# One of my blind turners with his pepper mill



## sbwertz (Feb 27, 2016)

Bill is both blind and a double amputee.  He levers himself up out of his power wheelchair onto a high stool to turn at the lathe.  He is almost completely blind...can see light and dark.  He uses a cane out in front of his wheelchair to navigate around.  (He is truly amazing!) This was his second turning project...a peppermill made from mulberry with brass filings inlayed into a center band and some large cracks.


----------



## Charlie_W (Feb 27, 2016)

Sharon, please tell Bill he did an absolutely wonderful job on that peppermill!

Thanks for sharing the pic!


----------



## jttheclockman (Feb 27, 2016)

That is fantastic. Being able to put a face to your stories is also inspirational. I can see and I can not do as well. Tell him job well done. Continued success and keep having fun. That is real cool. Thanks for showing.


----------



## CREID (Feb 27, 2016)

Amazing!


----------



## sbwertz (Feb 27, 2016)

By mixing the brass filings (or other inlay material) into ten minute epoxy, and putting a nitrile glove on the blind turner, they can press the loaded epoxy into the grooves and cracks themselves.  I try to let them do as much alone as they are able.  Using an easy tool detailer, they can cut their own v grooves, too.  I have to help them some with the fine placement of the tool, but they do most of it themselves.  They do most of the shaping with a small spindle gouge and a small roughing gouge. (I turn the blanks round before they start.)


----------



## JimB (Feb 27, 2016)

That is terrific work.


----------



## Hawkdave (Feb 27, 2016)

G'Day Sharon....Full marks to you and your program to allow people such as Bill to turn out beautiful work such as the pepper mill.
Please pass on to Bill that he has done a fine job and I look forward to seeing his next project.

Dave.


----------



## Dalecamino (Feb 27, 2016)

Good things being done there.
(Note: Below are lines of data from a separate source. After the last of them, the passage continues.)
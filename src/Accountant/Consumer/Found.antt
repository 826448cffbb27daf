-- ===== src/Accountant/Consumer/Found.antt =====
-- A block is recorded once, however often it is announced (accountant/src/consumer.rs).
use katpool.Base.{
  ℕ, ◌≤◌, ◌≡◌, refl, ◌∙◌, ap, inl, inr, Bool, false, ◌&&◌, ◌||◌, ◌==◌, if◌then◌else◌, none, some,
  List, [], ◌∷◌, sum_by, sum_by-append, Bool-cases, Option-cases, arith,
}
use katpool.Base.Float.{Float}
use katpool.Bridge.Submit.{PoolEvent, share_credited, share_rejected, block_found, block_accepted}
use katpool.Accountant.Blocks.{Block, found, find_by_hash, ensure_block, mark_submitted}
use katpool.Accountant.Consumer.{
  EventError, share_insert, share_reject_insert, block_ensure, DbStage, ensure_identity, Tables,
  in_transaction, insert_credited, insert_reject, handle_share_credited, handle_share_rejected,
  handle_block_found, handle_block_accepted, handle, logged, handle_event, Received, received,
  lagged, closed, consume,
}
use katpool.Accountant.Consumer.Credits.{all_up, logged-in_transaction}

abbrev pub has_hash : ℕ → Block → ℕ
has_hash hash b = if b.hash == hash then 1 else 0

-- how many rows a block has
abbrev pub rows_with : ℕ → List Block → ℕ
rows_with hash = sum_by (has_hash hash)

find_by_hash-none :
    (hash : ℕ) (blocks : List Block) → find_by_hash hash blocks ≡ none → rows_with hash blocks ≡ 0
unfolding find_by_hash
find_by_hash-none hash [] h = refl
find_by_hash-none hash (b ∷ bs) h = ground (arith, find_by_hash-none hash bs)

find_by_hash-some :
    (hash : ℕ) (blocks : List Block) (b : Block)
    → find_by_hash hash blocks ≡ some b
    → 1 ≤ rows_with hash blocks
unfolding find_by_hash
find_by_hash-some hash [] b h = absurd cc
find_by_hash-some hash (c ∷ bs) b h = ground (arith, find_by_hash-some hash bs b)

mark_submitted-rows_with :
    (h hash : ℕ) (blocks : List Block)
    → rows_with h (mark_submitted hash blocks) ≡ rows_with h blocks
unfolding mark_submitted
mark_submitted-rows_with h hash [] = refl
mark_submitted-rows_with h hash (b ∷ bs) = ground (arith, mark_submitted-rows_with h hash bs)

ensure_block-rows_with :
    (h hash daa_score : ℕ) (blocks : List Block)
    → rows_with h (ensure_block hash daa_score blocks).0
      ≡ (if hash == h && rows_with h blocks == 0 then 1 else rows_with h blocks)
unfolding ensure_block
ensure_block-rows_with h hash daa_score blocks = elim (Option-cases (find_by_hash hash blocks)) [
  | inl missing ↦
      rw
        (
          missing,
          sum_by-append (has_hash h) blocks (
              record {
                hash = hash;
                daa_score = daa_score;
                blue_score = none;
                status = found;
                miner_reward_sompi = none;
              }
              ∷ []),
        )
        (ground (arith, find_by_hash-none hash blocks missing))
  | inr (b, there) ↦ rw there (ground (arith, find_by_hash-some hash blocks b there))
]

module _ (fl : Float) (h : ℕ) where
  -- the event announces the block, and its transaction does not fail
  abbrev pub announces : (DbStage → Bool) → PoolEvent fl → Bool
  announces down (block_found address name hash daa_score) = hash == h && all_up down
  announces down (share_credited address name difficulty daa_score) = false
  announces down (share_rejected address name reason) = false
  announces down (block_accepted hash) = false

  abbrev pub is_announced : List (Received fl) → Bool
  is_announced [] = false
  is_announced (received down event ∷ rest) = announces down event || is_announced rest
  is_announced (lagged n ∷ rest) = is_announced rest
  is_announced (closed ∷ rest) = false

  abbrev rows_in : Tables fl → ℕ
  rows_in t = rows_with h t.blocks

  kept_rows :
      (down : DbStage → Bool) (failure : EventError) (address name : ℕ)
      (write : ℕ × ℕ → Tables fl → Tables fl) (t : Tables fl)
      → ((ids : ℕ × ℕ) (u : Tables fl) → (write ids u).blocks ≡ u.blocks)
      → rows_in (logged fl t (in_transaction fl down failure address name write t)) ≡ rows_in t
  unfolding ensure_identity
  kept_rows down failure address name write t leaves = elim (Bool-cases (all_up down)) [
    | inl up ↦
        rw (logged-in_transaction fl down failure address name write t, up)
          (ap (rows_with h) (leaves _ _))
    | inr fails ↦ rw (logged-in_transaction fl down failure address name write t, fails) refl
  ]

  handle_event-rows_with :
      (down : DbStage → Bool) (event : PoolEvent fl) (t : Tables fl)
      → rows_in (handle_event fl down event t)
        ≡ (if announces down event && rows_in t == 0 then 1 else rows_in t)
  unfolding handle_event handle handle_share_credited handle_share_rejected handle_block_found
      handle_block_accepted insert_credited insert_reject ensure_identity
  handle_event-rows_with down (share_credited address name difficulty daa_score) t =
      kept_rows down share_insert address name (λ ids. insert_credited fl ids difficulty daa_score)
        t (λ ids u. refl)
  handle_event-rows_with down (share_rejected address name reason) t =
      kept_rows down share_reject_insert address name (λ ids. insert_reject fl ids reason) t
        (λ ids u. refl)
  handle_event-rows_with down (block_found address name hash daa_score) t =
      elim (Bool-cases (all_up down)) [
        | inl up ↦
            rw
              (
                logged-in_transaction fl down block_ensure address name
                    (λ ids u. record u { blocks = (ensure_block hash daa_score u.blocks).0 }) t,
                up,
              )
              (ensure_block-rows_with h hash daa_score t.blocks ∙ ground arith)
        | inr fails ↦
            rw
              (
                logged-in_transaction fl down block_ensure address name
                    (λ ids u. record u { blocks = (ensure_block hash daa_score u.blocks).0 }) t,
                fails,
              )
              (ground arith)
      ]
  handle_event-rows_with down (block_accepted hash) t =
      ground (arith, mark_submitted-rows_with h hash t.blocks)

  -- Whatever the consumer receives until its channel is closed, a block of which there was no row has one
  -- behind it if it was announced in a transaction that did not fail, however often, and none otherwise;
  -- and a block that had rows has as many as before.
  pub consume-rows_with :
      (events : List (Received fl)) (t : Tables fl)
      → rows_with h (consume fl events t).blocks
        ≡ (if is_announced events && rows_with h t.blocks == 0 then 1 else rows_with h t.blocks)
  unfolding consume
  consume-rows_with [] t = refl
  consume-rows_with (lagged n ∷ rest) t = consume-rows_with rest t
  consume-rows_with (closed ∷ rest) t = refl
  consume-rows_with (received down event ∷ rest) t = ground (
    arith,
    consume-rows_with rest (handle_event fl down event t),
    handle_event-rows_with down event t,
  )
Good work Sharon!


----------



## Jim15 (Feb 27, 2016)

That's great.


----------



## TonyL (Feb 27, 2016)

Sharon..if appropriate and for sale, I will buy from him for $50 plus shipping..I don't know what it is worth, *so please tell me if they sells for more*. I will pay shipping too. I actually need one. The one I own stinks. I love his. Thanks!


----------



## sbwertz (Feb 28, 2016)

He made it for the Center to sell as a fundraiser, so yes it is for sale.  And $50 is what we have been getting for them (except for the one in the silent auction).  If it hasn't already sold, you can buy it.  I'll email Frank and make sure it is set aside for you.  I just don't want to run afoul of the forum's rules on selling items.  I really didn't put it up here to sell it, just to show off my turner's prowess.

Sharon


----------



## Ambidex (Feb 28, 2016)

Very very cool Sharon


----------



## rockb (Feb 28, 2016)

Tell Bill he's an inspiration to a whole lot of us here on IAP......
Thanks for sharing that story.


----------



## TonyL (Feb 28, 2016)

sbwertz said:


> He made it for the Center to sell as a fundraiser, so yes it is for sale.  And $50 is what we have been getting for them (except for the one in the silent auction).  If it hasn't already sold, you can buy it.  I'll email Frank and make sure it is set aside for you.  I just don't want to run afoul of the forum's rules on selling items.  I really didn't put it up here to sell it, just to show off my turner's prowess.
> 
> Sharon


 
Excellent...just let me know. I am assuming it is food safe - I will take it either way. Thanks!


----------



## sbwertz (Feb 29, 2016)

Yes, it is food safe.  The only part of it that contacts the pepper in the inside of the 1" hole down the center that the pepper falls through and it is sealed with walnut oil.  The wood is mulberry.  Frank emailed me and said he is keeping it for you. I'll pick it up tomorrow and PM  you for shipping info.

Sharon


----------



## TonyL (Feb 29, 2016)

Excellent!


----------



## Woodnick43 (Feb 29, 2016)

*Thank you*

Sharon, we have never met. You are an inspiring person and deserve a big thank you for your help and encouraging those turners who are sightless. You must get a good feeling in helping these folks to achieve help in their work.
Congrats to you Sharon


----------



## fitzman163 (Mar 1, 2016)

Thats incredible keep up the great work!


----------



## OLLIEwinz (Mar 1, 2016)

its truly amazing how with all that he has gone through he doesn't let that stop him, he just does it. he did a better job on that than anything I've ever turned.
-oliver


----------



## robertkulp (Mar 1, 2016)

So good to see what others can do, in spite of adversity. This is what it's all about... giving back to others. Thank you for your work with the blind and for sharing their work with us.


----------



## TonyL (Mar 14, 2016)

*Received it today!*

Received today. Even better looking in person. It will inspire me and others every time I use it. I can't wait for folks to ask me about it. Thank you for posting.


----------



## oneleggimp (Mar 14, 2016)

sbwertz said:


> Bill is both blind and a double amputee.  He levers himself up out of his power wheelchair onto a high stool to turn at the lathe.  He is almost completely blind...can see light and dark.  He uses a cane out in front of his wheelchair to navigate around.  (He is truly amazing!) This was his second turning project...a peppermill made from mulberry with brass filings inlayed into a center band and some large cracks.


Absolutely beautiful job.  I REALLY like the "barrel" look.


----------



## RedBeard (Mar 16, 2016)

That is truely amazing and very inspirational.


----------